Input Files (U-SQL)

Summary

U-SQL provides access to files that are stored either in Azure Data Lake Storage accounts or in Windows Azure Blob Storage accounts. Azure Data Lake Storage accounts have to be in the same Azure region as the Azure Data Lake Analytics account where you run your U-SQL script. Windows Azure Blob Storage accounts need to be registered with the Azure Data Lake Analytics account where you will run your U-SQL script but can be in any region. Note that if the data is in a different region than the Azure Data Lake Analytics account, you will get billed for data egress and data transfer rates will be based on the internet connection between the two regions and considerably lower than accessing data inside the same region. Any input files referenced in a script have to exist at the time the script is compiled.

In order to process files with U-SQL, they have to be schematized with an EXTRACT expression that will read from either a single file, a list of files, or a set of files, a so-called unstructured file set.

Input File Path URIs

The input file path URIs (Universal Resource Identifier) can be specified as a single file path URI, a list of file path URIs, or a path pattern expression that identifies an unstructured file set.

  • Since file paths are URIs, characters such as spaces need to be URI-encoded. For example the file name a has 3 spaces has to be written as a%20has%203%20spaces.

  • A file path URI or a path pattern expression has to be provided as a static string expression (an expression that can be constant folded) in the FROM clause of an EXTRACT expression.

  • A file path can also be specified as a local file path.

Syntax

Input_File_Path :=                                                                                       
     Single_File_Path 
|    List_File_Path 
|    File_Set_Path.

Single_File_Path

A single file path URI can be a relative or absolute Azure Data Lake Storage URI, or a Windows Azure Blob Storage URI:

Syntax

Single_File_Path :=                                                                                      
     Default_Account_Path_URI 
|    ADL_Path_URI 
|    WASB_Path_URI.

The following sections show the syntax and semantics for each of the supported paths.

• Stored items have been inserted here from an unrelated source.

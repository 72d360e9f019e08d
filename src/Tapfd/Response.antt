-- ===== src/Tapfd/Response.antt =====
-- The one-line responses of pkg/tapfd/request.go.
pub mod RoundTrip
use connector.Base.{
  ℕ, ◌+◌, Bool, true, false, ◌||◌, ◌&&◌, not, Option, none, some, List, [], ◌∷◌, ◌++◌, Result, ok,
  err, ensure, refuse, ◌>>◌, ◌>>=◌, ltb, ◌==◌, if◌then◌else◌, Bytes, bytes_eq, length,
}
use connector.Text.{codes, fields, trim_space, has_byte, cut, is_empty, strip_prefix}
use connector.Tapfd.Request.{request_version, request_max_line_size, breaks_line, with_extra}

pub data ResponseError : Type 0 where
  line_break too_long empty_payload not_terminated empty_response : ResponseError
  malformed_response malformed_token : ResponseError

abbrev pub max_payload_size : ℕ
max_payload_size = 512

abbrev pub ok_line : Bytes
ok_line = codes "TAPFD/1 OK"

abbrev pub ok_prefix : Bytes
ok_prefix = codes "TAPFD/1 OK "

unfoldable pub build_ok_line : Bytes → Result ResponseError Bytes
build_ok_line extra = do
  let e = trim_space extra
  let line = with_extra ok_line e
  refuse (breaks_line e) line_break
  refuse (ltb request_max_line_size (length line + 1)) too_long
  ok (line ++ b'\n' ∷ [])

unfoldable pub build_ok_response : Bytes → Result ResponseError Bytes
build_ok_response payload = do
  refuse (is_empty payload) empty_payload
  ensure (has_byte 0 payload) not_terminated
  refuse (ltb max_payload_size (length ok_prefix + length payload)) too_long
  ok (ok_prefix ++ payload)

abbrev pub after_prefix : Bytes → Option Bytes → Result ResponseError Bytes
after_prefix payload none = ok payload
after_prefix payload (some []) = err empty_response
after_prefix payload (some (c ∷ cs)) = ok (c ∷ cs)

unfoldable pub strip_ok_response : Bytes → Result ResponseError Bytes
strip_ok_response payload = after_prefix payload (strip_prefix ok_prefix payload)

abbrev pub sanitize_byte : ℕ → ℕ
sanitize_byte c =
    if c == b'=' || c == 0 || c == b'\n' || c == b'\r'
    then b'_'
    else if c == b' ' || c == b'\t'
    then b'_'
    else c

abbrev pub sanitized : Bytes → Bytes
sanitized [] = []
sanitized (c ∷ cs) = sanitize_byte c ∷ sanitized cs

unfoldable pub sanitize_token : Bytes → Bytes
sanitize_token v = sanitized (trim_space v)

abbrev pub default_to : Bytes → Bytes → Bytes
default_to d [] = d
default_to d (c ∷ cs) = c ∷ cs

abbrev pub provider_internal : Bytes
provider_internal = codes "PROVIDER_INTERNAL"

abbrev pub err_line : Bytes → Bytes → Bytes
err_line code message =
    codes "TAPFD/1 ERR code=" ++ (code ++ (codes " message=" ++ (message ++ b'\n' ∷ [])))

unfoldable pub build_error_response : Bytes → Bytes → Bytes
build_error_response code message =
    err_line (default_to provider_internal (sanitize_token code))
      (default_to (codes "error") (sanitize_token message))

pub record ProviderError : Type 0 where
  pub code : Bytes
  pub message : Bytes

abbrev pub store_token : Bytes → Bytes → ProviderError → ProviderError
store_token key value e =
    if bytes_eq key (codes "code")
    then record e { code = value }
    else if bytes_eq key (codes "message")
    then record e { message = value }
    else e

abbrev pub take_cut : Option (Bytes × Bytes) → ProviderError → Result ResponseError ProviderError
take_cut none e = err malformed_token
take_cut (some ([], value)) e = err malformed_token
take_cut (some (c ∷ cs, value)) e = ok (store_token (c ∷ cs) value e)

abbrev pub with_code : ProviderError → ProviderError
with_code e = record e { code = default_to provider_internal e.code }

-- The loop over the tokens and the default code behind it.
unfoldable pub take_error_tokens : List Bytes → ProviderError → Result ResponseError ProviderError
take_error_tokens [] e = ok (with_code e)
take_error_tokens (t ∷ ts) e = take_cut (cut b'=' t) e >>= take_error_tokens ts

abbrev pub parse_error_tokens : List Bytes → Result ResponseError ProviderError
parse_error_tokens (version ∷ status ∷ t ∷ ts) =
    if bytes_eq version request_version && bytes_eq status (codes "ERR")
    then take_error_tokens (t ∷ ts) (record { code = []; message = [] })
    else err malformed_response
parse_error_tokens _ = err malformed_response

abbrev pub is_some {ℓ} : {A : Type ℓ} → Option A → Bool
is_some none = false
is_some (some _) = true

-- None if the payload is no error line.
unfoldable pub parse_error_response : Bytes → Option (Result ResponseError ProviderError)
parse_error_response payload =
    let line = trim_space payload in
    if is_empty line || not (is_some (strip_prefix (codes "TAPFD/1 ERR") line))
    then none
    else some (parse_error_tokens (fields line))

  • Default_Account_Path_URI
    The Default Account Path URI is a relative Azure Data Lake Storage URI (a path without the URI header). It refers to a path in the Data Lake Analytics account’s associated default Data Lake Storage account.

Syntax

  Default_Account_Path_URI :=                                                                         
       ['/']+Relative_Path.
Relative_Path := {pathstep+'/'}+file_name.

Note

The + in the grammar indicates that spaces are not allowed between the parts.

Examples

The URI "/Samples/Data/searchlog.tsv" refers to the searchlog.tsv file in the directory path /Samples/Data inside the default Azure Data Lake Storage account.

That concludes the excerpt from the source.